Par ailleurs, conséquence de la forte attractivité touristique de Saint-Rémy, plusieurs centaines de meublés ont été placés ces dernières années sur le marché de la location saisonnière de type Airbnb, plus rentable pour les propriétaires que la location longue durée.

Habitat vétuste

En parallèle, une partie de l’offre de logements dans le parc locatif privé est constituée de logements anciens, vétustes voire dégradés car n’ayant pas toujours fait l’objet de réhabilitations au fil des années et de l’évolution des règlementations.
Les occupants, à juste titre, souhaitent les quitter, frappés par la coûteuse précarité énergétique ou encore en raison des problèmes de sécurité ou de santé qui en découlent.

Enfin, il y a la problématique des immeubles à l’accès commun entre le rez-de-chaussée commercial et le logement de l’étage, qui historiquement était occupé par le propriétaire du commerce. De nos jours, les locaux commerciaux sont souvent loués et les propriétaires ne résident plus sur place. Parce que c’est plus simple et que cela n’engendre pas de travaux, ces derniers préfèrent souvent proposer un bail commercial pour l’ensemble de l’immeuble, désignant ainsi le logement comme réserve. Ce phénomène crée donc une perte de logement potentiel.

Rareté du foncier

Mais alors, pour résoudre le problème, ne suffirait-il pas de créer davantage de logements ?
« C’est malheureusement plus compliqué que cela », nuance Hervé Chérubini. « Lorsque l’on isole l’une de l’autre les différentes problématiques auxquelles fait face la commune, les solutions semblent en effet assez simples. Pas assez de logements ? Il n’y a qu’à en construire ! Pas assez de places de stationnement ? Créons des parkings ! Pas assez d’emploi ? Agrandissons les zones d’activités ! »

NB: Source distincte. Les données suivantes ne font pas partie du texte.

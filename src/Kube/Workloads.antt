-- ===== src/Kube/Workloads.antt =====
-- k8s.io/api: containers, pod templates and nodes.
use upgrade_controller.Prelude.{String, Bool, List, Dict}
use upgrade_controller.Kube.Meta.{StatusCondition}

pub record VolumeMount : Type 0 where
  pub name : String
  pub mount_path : String

pub record Container : Type 0 where
  pub name : String
  pub image : String
  pub command : List String
  pub args : List String
  pub volume_mounts : List VolumeMount

-- the template of a job, with its volumes as the names of empty directories
pub record PodTemplate : Type 0 where
  pub name : String
  pub namespace : String
  pub init_containers : List Container
  pub containers : List Container
  pub empty_dir_volumes : List String
  pub restart_policy : String
  pub service_account_name : String

pub record Toleration : Type 0 where
  pub key : String
  pub operator : String
  pub value : String
  pub effect : String

pub record Node : Type 0 where
  pub name : String
  pub labels : Dict String
  pub unschedulable : Bool
  pub conditions : List StatusCondition
  pub architecture : String
  pub os_image : String
  pub kubelet_version : String
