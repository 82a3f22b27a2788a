-- ===== src/Kube/Objects.antt =====
-- The API objects that the program creates, reads, updates or deletes.
use upgrade_controller.Prelude.{ℕ, String, Bool, Option, List, Dict}
use upgrade_controller.Kube.Meta.{TypeMeta, ObjectMeta, LabelSelector, StatusCondition}
use upgrade_controller.Kube.Workloads.{Container, PodTemplate, Toleration}

pub record Secret : Type 0 where
  pub type_meta : TypeMeta
  pub metadata : ObjectMeta
  pub type : String
  pub string_data : Dict String

-- upgradecattlev1, System Upgrade Controller
pub record DrainSpec : Type 0 where
  pub timeout : String
  pub delete_emptydir_data : Bool
  pub ignore_daemon_sets : Bool
  pub force : Bool

pub record SecretSpec : Type 0 where
  pub name : String
  pub path : String

pub record ContainerSpec : Type 0 where
  pub image : String
  pub command : List String
  pub args : List String

pub record PlanSpec : Type 0 where
  pub concurrency : ℕ
  pub job_active_deadline_secs : Option ℕ
  pub node_selector : Option LabelSelector
  pub service_account_name : String
  pub tolerations : List Toleration
  pub prepare : Option ContainerSpec
  pub upgrade : Option ContainerSpec
  pub cordon : Bool
  pub drain : Option DrainSpec
  pub secrets : List SecretSpec
  pub version : String

pub record Plan : Type 0 where
  pub type_meta : TypeMeta
  pub metadata : ObjectMeta
  pub spec : PlanSpec
  -- `Status.Applying`: the nodes that the plan is being applied to
  pub applying : List String

pub record Job : Type 0 where
  pub type_meta : TypeMeta
  pub metadata : ObjectMeta
  pub template : PodTemplate
  pub ttl_seconds_after_finished : Option ℕ
  pub conditions : List StatusCondition

pub record Deployment : Type 0 where
  pub metadata : ObjectMeta
  pub conditions : List StatusCondition
  pub containers : List Container

-- helmcattlev1.HelmChart, Helm Controller
pub record HelmChartSpec : Type 0 where
  pub target_namespace : String
  pub chart : String
  pub chart_content : String
  pub version : String
  pub repo : String
  pub values_content : String
  pub back_off_limit : Option ℕ

pub record HelmChartResource : Type 0 where
  pub type_meta : TypeMeta
  pub metadata : ObjectMeta
  pub spec : HelmChartSpec
  pub job_name : String

-- what `createObject` is given
pub data Object : Type 0 where
  secret : Secret → Object
  plan : Plan → Object
  job : Job → Object
  helm_chart : HelmChartResource → Object

abbrev pub metadata : Object → ObjectMeta
metadata (secret o) = o.metadata
metadata (plan o) = o.metadata
metadata (job o) = o.metadata
metadata (helm_chart o) = o.metadata

abbrev pub kind : Object → String
kind (secret o) = o.type_meta.kind
kind (plan o) = o.type_meta.kind
kind (job o) = o.type_meta.kind
kind (helm_chart o) = o.type_meta.kind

Mais ces solutions sont peu applicables dans la vie réelle, car elles se heurtent toutes aux mêmes limites : celle du foncier disponible, qui est rare, coûteux et qu’il faut donc partager, et celle de la règlementation, toujours plus stricte. « Il y a 20, 30 ou 40 ans, on pouvait facilement convertir des zones agricoles ou naturelles en lotissements ; ça n’est plus aujourd’hui ni possible ni souhaitable, au regard des enjeux environnementaux et climatiques. »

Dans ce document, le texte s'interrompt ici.